Zimmer talks about the recency illusion, points out that Alexander Pope used literally the “wrong” way in 1708, and says that “in our schooling, we are constantly encouraged to think that there is only one right answer, which flies in the face of the flexibility and mutability of language.” All of which is true, and I wish I could think it would do some good, but the CMOS (which I use constantly in my professional life as a copyeditor and which is a superb reference for its central mission) enraged me a couple of editions ago when they cut short a promising trend toward good sense and outsourced their grammar section to Bryan A. Garner, the most reactionary usage maven currently working. By comparison with Garner, William Safire (alevasholem) was a wild-eyed linguistic radical. Frankly, I’m surprised the CMOS crowd took it into their heads to talk to a real live linguist; could it be that there is a dissident faction that may someday overthrow Garner and bring their grammar recommendations into the current century? A man can hope…

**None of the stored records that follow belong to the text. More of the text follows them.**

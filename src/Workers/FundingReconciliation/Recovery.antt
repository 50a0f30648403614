-- ===== src/Workers/FundingReconciliation/Recovery.antt =====
-- One round of `runOrphanFundingReconciliationOnce` of src/workers/funding-reconciliation.ts.
mod Examples
use waylo_app.Base.{
  ℕ, ◌≡◌, ◌⊎◌, refl, sym, ap, subst, ◌∙◌, inl, inr, arith, Bool, true, false, not, ◌&&◌, ◌||◌,
  Option, none, some, List, [], ◌∷◌, ◌++◌, if◌then◌else◌, is_some, ◌==◌, Bool-cases, Option-cases,
}
use waylo_app.Base.Table.{put, holds, find_first, Table}
use waylo_app.Schema.Rows.{Mission, Escrow}
use waylo_app.App.{World, AlertCode, Fault, Result, Action, ok, err, ◌>>=◌, ◌>>◌, pure, catch}
use waylo_app.Workers.FundingReconciliation.{
  FundingRun, IntentStatus, canceled, requires_payment_method, requires_confirmation,
  requires_capture, other_status, is_funded, to_created,
}
use waylo_app.Workers.FundingReconciliation.Orphans.{
  OrphanOutcome, was_skipped, was_rolled_back, was_recreated, find_live, recreated_escrow,
  recreate_escrow, settle_orphan, alert_orphan, reconcile_orphan,
}

-- the mission is funded and has no escrow
abbrev pub is_orphan : ℕ → World → Bool
is_orphan id w = holds is_funded (w.db.missions.row id) && not (is_some (w.db.escrows.row id))

-- an escrow has this payment intent already
abbrev pub is_taken : ℕ → World → Bool
is_taken intent w = is_some (find_first (λ e. e.stripe_payment_intent_id == intent) w.db.escrows)

abbrev pub recreated : ℕ → ℕ → Mission → World → World
recreated id intent m w = record w {
  db = record w.db {
    escrows = record {
      keys = w.db.escrows.keys ++ (id ∷ []);
      row = λ j. if j == id then some (recreated_escrow intent m) else w.db.escrows.row j;
    };
  };
  alerts = w.alerts ++ (AlertCode.orphan_funding_recovered ∷ []);
}

abbrev pub reopened : ℕ → Mission → World → World
reopened id m w = record w {
  db = record w.db { missions = put id (to_created m) w.db.missions };
  alerts = w.alerts ++ (AlertCode.stale_funding_rolled_back ∷ []);
}

abbrev pub is_canceled : IntentStatus → Bool
is_canceled canceled = true
is_canceled requires_payment_method = false
is_canceled requires_confirmation = false
is_canceled requires_capture = false
is_canceled other_status = false

abbrev pub all_canceled : List (ℕ × IntentStatus) → Bool
all_canceled [] = true
all_canceled ((intent, status) ∷ rest) = is_canceled status && all_canceled rest

find_live-all_canceled :
    (intents : List (ℕ × IntentStatus)) → find_live intents ≡ none → all_canceled intents ≡ true
unfolding find_live
find_live-all_canceled [] h = refl
find_live-all_canceled ((intent, status) ∷ rest) h = ground (arith, h, find_live-all_canceled rest)

-- What a round can end with; `u` is the world when Stripe has answered.
pub data Outcome (run : FundingRun) (id : ℕ) (u : World) (r : Result OrphanOutcome × World)
    : Type 0 where
  silent : run.search id ≡ none → r ≡ (ok was_skipped, u) → Outcome run id u r
  overtaken : is_orphan id u ≡ false → r ≡ (ok was_skipped, u) → Outcome run id u r
  reopens :
      (intents : List (ℕ × IntentStatus)) (m : Mission)
      → run.search id ≡ some intents
      → all_canceled intents ≡ true
      → is_orphan id u ≡ true
      → u.db.missions.row id ≡ some m
      → r ≡ (ok was_rolled_back, reopened id m u)
      → Outcome run id u r
  taken :
      (intents : List (ℕ × IntentStatus)) (intent : ℕ)
      → run.search id ≡ some intents
      → find_live intents ≡ some intent
      → is_taken intent u ≡ true
      → r ≡ (ok was_skipped, u)
      → Outcome run id u r
  recreates :
      (intents : List (ℕ × IntentStatus)) (intent : ℕ) (m : Mission)
      → run.search id ≡ some intents
      → find_live intents ≡ some intent
      → is_taken intent u ≡ false
      → is_orphan id u ≡ true
      → u.db.missions.row id ≡ some m
      → r ≡ (ok was_recreated, recreated id intent m u)
      → Outcome run id u r

-- the round after Stripe has answered
abbrev settled : ℕ → Option ℕ → World → Result OrphanOutcome × World
settled id found = catch (settle_orphan id found >>= alert_orphan) (λ e. pure was_skipped)

module _ (id : ℕ) (u : World) where
  settled-overtaken :
      (found : Option ℕ) → is_orphan id u ≡ false → settled id found u ≡ (ok was_skipped, u)
  unfolding settle_orphan
  settled-overtaken found h = elim (Option-cases (u.db.missions.row id)) [
    | inl unknown ↦ ground (arith, unknown)
    | inr (m, known) ↦ elim (Bool-cases (is_funded m)) [
      | inr moved ↦ ground (arith, known, moved)
      | inl funded ↦ ground (arith, known, funded, h)
    ]
  ]

  orphan_mission : is_orphan id u ≡ true → (m : Mission) × (u.db.missions.row id ≡ some m)
  orphan_mission orphan = elim (Option-cases (u.db.missions.row id)) [
    | inl unknown ↦ ground (arith, unknown, orphan)
    | inr (m, known) ↦ (m, known)
  ]

  settled-reopens :
      (m : Mission)
      → is_orphan id u ≡ true
      → u.db.missions.row id ≡ some m
      → settled id none u ≡ (ok was_rolled_back, reopened id m u)
  unfolding settle_orphan
  settled-reopens m orphan known =
      let funded : is_funded m ≡ true = ground (arith, orphan, known) in
      let alone : u.db.escrows.row id ≡ none = ground (arith, orphan, known) in
      ground (arith, known, funded, alone)

  settled-intent :
      (intent : ℕ) (m : Mission)
      → is_orphan id u ≡ true
      → u.db.missions.row id ≡ some m
      → settled id (some intent) u ≡ (
          if is_taken intent u
          then (ok was_skipped, u)
          else (ok was_recreated, recreated id intent m u))
  unfolding settle_orphan recreate_escrow
  settled-intent intent m orphan known =
      let funded : is_funded m ≡ true = ground (arith, orphan, known) in
      let alone : u.db.escrows.row id ≡ none = ground (arith, orphan, known) in
      elim (Bool-cases (is_taken intent u)) [
        | inl used ↦ ground (arith, known, funded, alone, used)
        | inr free ↦ ground (arith, known, funded, alone, free)
      ]

  -- the round after Stripe has found these payment intents
  found_outcome :
      (run : FundingRun) (intents : List (ℕ × IntentStatus))
      → run.search id ≡ some intents
      → Outcome run id u (settled id (find_live intents) u)
  found_outcome run intents answer = elim (Bool-cases (is_orphan id u)) [
    | inr late ↦ Outcome.overtaken late (settled-overtaken (find_live intents) late)
    | inl orphan ↦
        let (m, known) = orphan_mission orphan in
        elim (Option-cases (find_live intents)) [
          | inl gone ↦
              Outcome.reopens intents m answer (find_live-all_canceled intents gone) orphan known
                (ap (λ f. settled id f u) gone ∙ settled-reopens m orphan known)
          | inr (intent, live) ↦
              let ends = ap (λ f. settled id f u) live ∙ settled-intent intent m orphan known in
              elim (Bool-cases (is_taken intent u)) [
                | inl used ↦ Outcome.taken intents intent answer live used (
                    ends
                    ∙ ap
                        (λ b.
                          if b
                          then (ok was_skipped, u)
                          else (ok was_recreated, recreated id intent m u))
                        used)
                | inr free ↦ Outcome.recreates intents intent m answer live free orphan known (
                    ends
                    ∙ ap
                        (λ b.
                          if b
                          then (ok was_skipped, u)
                          else (ok was_recreated, recreated id intent m u))
                        free)
              ]
        ]
  ]

  -- the round from the answer of Stripe on
  abbrev answered : Option (List (ℕ × IntentStatus)) → Result OrphanOutcome × World
  answered x =
      (elim x as (λ o. Action OrphanOutcome) [
        | none ↦ pure was_skipped
        | some intents ↦ settled id (find_live intents)
      ])
        u

  answered_outcome : (run : FundingRun) → Outcome run id u (answered (run.search id))
  answered_outcome run = elim (Option-cases (run.search id)) [
    | inl mute ↦ Outcome.silent mute (ap answered mute)
    | inr (intents, answer) ↦
        subst (λ x. Outcome run id u (answered x)) (sym answer) (found_outcome run intents answer)
  ]

-- A round of the reconciliation of missions that are funded without an escrow ends in one of five
-- ways, whatever others commit while Stripe answers. Nothing changes where Stripe fails, where the
-- mission is not funded any more or has an escrow by then, or where another escrow has the payment
-- intent that was found. Where Stripe has no payment intent for the mission but canceled ones, the
-- mission goes back to CREATED. Else the escrow is there again, held and with nothing captured, for the
-- first payment intent that is not canceled. Either of these two sends its alert.
reconcile_orphan_outcome :
    (run : FundingRun) (id : ℕ) (w : World)
    → Outcome run id (record w { db = run.meanwhile id w.db }) (reconcile_orphan run id w)
unfolding reconcile_orphan
reconcile_orphan_outcome run id w =
    answered_outcome id (record w { db = run.meanwhile id w.db }) run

  1. Hear, hear. I strongly disapprove of Bryan Garner, his conservatism, his ugly library, his having written a book with Antonin Scalia and his pompous middle initial.

  2. des v bladet says

    Surely all Americans have a middle initial? Otherwise how would you know it was that Yngwie (“J”) Malmsteen?

  3. “technologization of language”: not a bad joke, I suppose.

  4. As long as your first & last name add up to more than two syllables, middle initials aren’t necessary. There’s no Language P. Hat, for example. If you feel the need to stretch it out, we have the modern option of double-barrelled married last names, but I don’t expect Garner to recognise something so controversial as that.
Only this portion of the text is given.